The Grand Duchy Is a Great Cultural and Architectural Melting PotIT IS EASY TO INTEGRATE INTO THIS CITY, WHERE YOU CAN FEEL AN INTERNATIONAL ATMOSPHERE ALMOST EVERYWHERE, AS ALUMNA ROSSANA PASINI RECOUNTS
About half of Luxembourg’s inhabitants do not originate from the Grand Duchy. Luxembourgers of foreign origin are mostly Portuguese. Then there are the Italians, the French, the Germans, and so on. The reason for so much national variety is almost exclusively due to work reasons: transnational corporations have opened their offices here, attracted by Luxembourg’s favorable tax regime. In companies, several languages are spoken, and the same is true of the small country’s public offices, banks and supermarkets: it is not uncommon to come across a cashier or an official who knows your language. Italian is certainly one of the most widespread idioms in Luxembourg, and in restaurants offering traditional Italian cuisine, hearing Italian is a guarantee of authenticity. In these venues, the staff speaks almost exclusively the language of Dante, either at the tables or on the phone.

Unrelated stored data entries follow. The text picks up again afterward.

-- ===== src/Client/Record/Once.antt =====
-- The entry of a send is appended once.
use lanxfer.Base.{ℕ, ◌≡◌, ◌⊎◌, Bool, true, Option, none, some, Text, Result}
use lanxfer.History.{Entry, append}
use lanxfer.Server.Requests.{Config, Env, World, Request, Response, post_history}
use lanxfer.Server.Extract.{Stream}
use lanxfer.Server.Handler.{dispatch}
use lanxfer.Client.Record.{RecordError, record_answer, record_sent, local_request}

-- The file after a call is the file after one append of the entry.
abbrev pub AppendedOnce : Env → Entry → Text → Text × Bool → Type 0
AppendedOnce env e file after = after.0 ≡ (append env.codec env.history_fs env.now e file).1

-- What listens on the port of the receiver: nothing that the request reaches, a receiver with no
-- such route, or a receiver of this version.
pub data Machine : Type 0 where
  silent : Machine
  older : ℕ → Machine
  receiver : Config → World → Machine

-- net/http's router answers with 404 or 405 where there is no such route.
abbrev pub HasNoRoute : Machine → Type 0
HasNoRoute silent = Unit
HasNoRoute (older status) = (status ≡ 404) ⊎ (status ≡ 405)
HasNoRoute (receiver cfg w) = Unit

-- The receiver has a history and the device ID of the command line.
abbrev pub IsOwn : Text → Config → Type 0
IsOwn self_id cfg = (cfg.has_history ≡ true) × (self_id ≡ cfg.device_id)

-- The receiver of this machine has this user's history file exactly if it is the user's own; else the
-- command line appends to `mine`, the file of its own user.
abbrev pub RecordOutcome :
    Env → Entry → Text → Text → Result RecordError (Unit {0}) → Machine → World → Type 0
RecordOutcome env e self_id mine answer silent w' =
    AppendedOnce env e mine (record_sent true env.codec env.history_fs env.now e answer mine)
RecordOutcome env e self_id mine answer (older status) w' =
    AppendedOnce env e mine (record_sent true env.codec env.history_fs env.now e answer mine)
RecordOutcome env e self_id mine answer (receiver cfg w) w' =
    IsOwn self_id cfg
      × AppendedOnce env e w.history
          (record_sent true env.codec env.history_fs env.now e answer w'.history)
    ⊎ (IsOwn self_id cfg → ⊥)
      × (w' ≡ w)
      × AppendedOnce env e mine (record_sent true env.codec env.history_fs env.now e answer mine)

-- What the router of the receiver does with the request.
abbrev pub routed : (Text → Bool) → Text → Config → Env → World → Request → Response × World
routed utf8_valid peers_json cfg env w r = dispatch utf8_valid peers_json post_history cfg env r w

module _ (cfg : Config) (env : Env) (e : Entry) (w : World) (mine : Text)
    (remote host self_id : Text) (no_stream : Stream) (body : Text) where
  abbrev sent : Request
  sent = local_request remote host self_id no_stream body

  abbrev Recorded : Response × World → Type 0
  Recorded (response, w') =
      RecordOutcome env e self_id mine (record_answer (some response.status)) (receiver cfg w) w'

module _ (utf8_valid : Text → Bool) (peers_json : Text) (env : Env) (remote host self_id : Text)
    (no_stream : Stream) where
  -- What LocalRecord gets for an answer.
  abbrev pub exchange : Machine → Text → Option ℕ
  exchange silent b = none
  exchange (older status) b = some status
  exchange (receiver cfg w) b =
      some
        (routed utf8_valid peers_json cfg env w
          (local_request remote host self_id no_stream b)).0.status

  -- What the receiver is left with.
  abbrev pub world_after : Text → Machine → World → World
  world_after body silent w0 = w0
  world_after body (older status) w0 = w0
  world_after body (receiver cfg w) w0 =
      (routed utf8_valid peers_json cfg env w (local_request remote host self_id no_stream body)).1

module _ (utf8_valid : Text → Bool) (peers_json : Text) (env : Env) (e : Entry) (mine : Text)
    (remote host self_id : Text) (no_stream : Stream) (body : Text) where
  abbrev sent_body : Request
  sent_body = local_request remote host self_id no_stream body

Mingling into Luxembourg's life is a fluid and immediate process, and not only for linguistic reasons: the easiest way to look for a home is to go on the online real estate agency www.athome.lu; news about the capital city and its cultural events are conveniently listed in a local magazine, to which every resident has a free subscription.

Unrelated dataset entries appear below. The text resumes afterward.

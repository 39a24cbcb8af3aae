-- ===== src/Client/Scan.antt =====
-- internal/client/senddir.go: `ScanDir`.
use lanxfer.Base.{
  ℕ, ◌≡◌, refl, Bool, not, Option, none, some, Text, [], Result, ok, err, ◌>>=◌, ◌>>◌, refuse_if,
}
use lanxfer.Unicode.{Unicode}
use lanxfer.Server.Filename.{FilenameError, validate_filename}
use lanxfer.Client.{
  Forest, DirPlan, ScanError, abs_failed, resolve_failed, stat_failed, not_a_folder, walk_failed,
  cancelled, header_failed, bad_name, scan_forest,
}
use lanxfer.Client.Stream.{Header, tar_size}

-- What the system says of the path of a folder: whether it has an absolute form, its last part,
-- whether its links can be resolved, whether that is a folder, whether the walk finds it and can
-- read it, and what stands below it.
pub record Place : Type 0 where
  pub has_abs : Bool
  pub base : Text
  pub resolves : Bool
  pub stat : Option Bool
  pub is_found : Bool
  pub is_readable : Bool
  pub below : Forest

unfoldable pub check_base : Result FilenameError (Unit {0}) → Result ScanError (Unit {0})
check_base (err e) = err (bad_name e)
check_base (ok _) = ok tt

unfoldable pub check_folder : Option Bool → Result ScanError (Unit {0})
check_folder none = err stat_failed
check_folder (some is_dir) = refuse_if (not is_dir) not_a_folder

abbrev pub empty_plan : Text → DirPlan
empty_plan name = record {
  name = name;
  files = 0;
  content_size = 0;
  tar_size = 0;
  skipped = [];
  entries = [];
}

unfoldable pub with_tar_size : DirPlan → Option ℕ → Result ScanError DirPlan
with_tar_size plan none = err header_failed
with_tar_size plan (some n) = ok (record plan { tar_size = n })

module _ (u : Unicode) (goos : Text) (done : Text → Bool) where
  -- The walk calls its function for the root first.
  unfoldable pub walk : Place → Result ScanError DirPlan
  unfolding scan_forest
  walk p =
      refuse_if (not p.is_found) walk_failed
      >> refuse_if (done []) cancelled
      >> refuse_if (not p.is_readable) walk_failed
      >> scan_forest u goos done p.below [] (empty_plan p.base)

  unfoldable pub plan_folder : Place → Result ScanError DirPlan
  unfolding check_base check_folder walk
  plan_folder p =
      refuse_if (not p.has_abs) abs_failed
      >> check_base (validate_filename u p.base goos)
      >> refuse_if (not p.resolves) resolve_failed
      >> check_folder p.stat
      >> walk p

  unfoldable pub scan_dir : (Header → Option ℕ) → Place → Result ScanError DirPlan
  unfolding plan_folder with_tar_size
  scan_dir header_len p =
      plan_folder p >>= λ plan. with_tar_size plan (tar_size header_len plan.entries)

pub >>-ok :
    {A : Type 0} (m : Result ScanError (Unit {0})) (n : Result ScanError A) {a : A}
    → (m >> n) ≡ ok a
    → n ≡ ok a
>>-ok (ok _) n h = h
>>-ok (err e) n h = cc

pub >>-first :
    {A : Type 0} (m : Result ScanError (Unit {0})) (n : Result ScanError A) {a : A}
    → (m >> n) ≡ ok a
    → m ≡ ok tt
>>-first (ok _) n h = refl
>>-first (err e) n h = cc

Art and music give pace to the weekend with events held almost invariably in buildings designed by some of the world’s most important contemporary architects. The urban landscape of Luxembourg is a sequence of fairytale-like Late Gothic palaces interspersed with recently built constructions. The MUDAM, the museum of modern and contemporary art, for example, stands on a rampart designed by Ieoh Ming Pei which recalls the pyramid of the Louvre in style and materials. A stone's throw from the museum, there is another major building that is worth seeing from the outside, before experiencing its interiors: the Philharmonie, with its lamellar façade designed by Christian de Portzamparc. After leaving the big park that embraces the area, you can head towards the historic city center and, walking along Le Chemin de la Corniche, observe that the city clings to the side of a big cliff. The fascinating path winds along the city's walls, offering the magical sensation of walking on rooftops: you start from the historical and picturesque Grund, the district and car-free zone where nightlife is concentrated, and you end at Bock Casemates, a maze of underground tunnels dug into the rock in the middle of the 18th century, and then used as bombing shelter during the Second World War.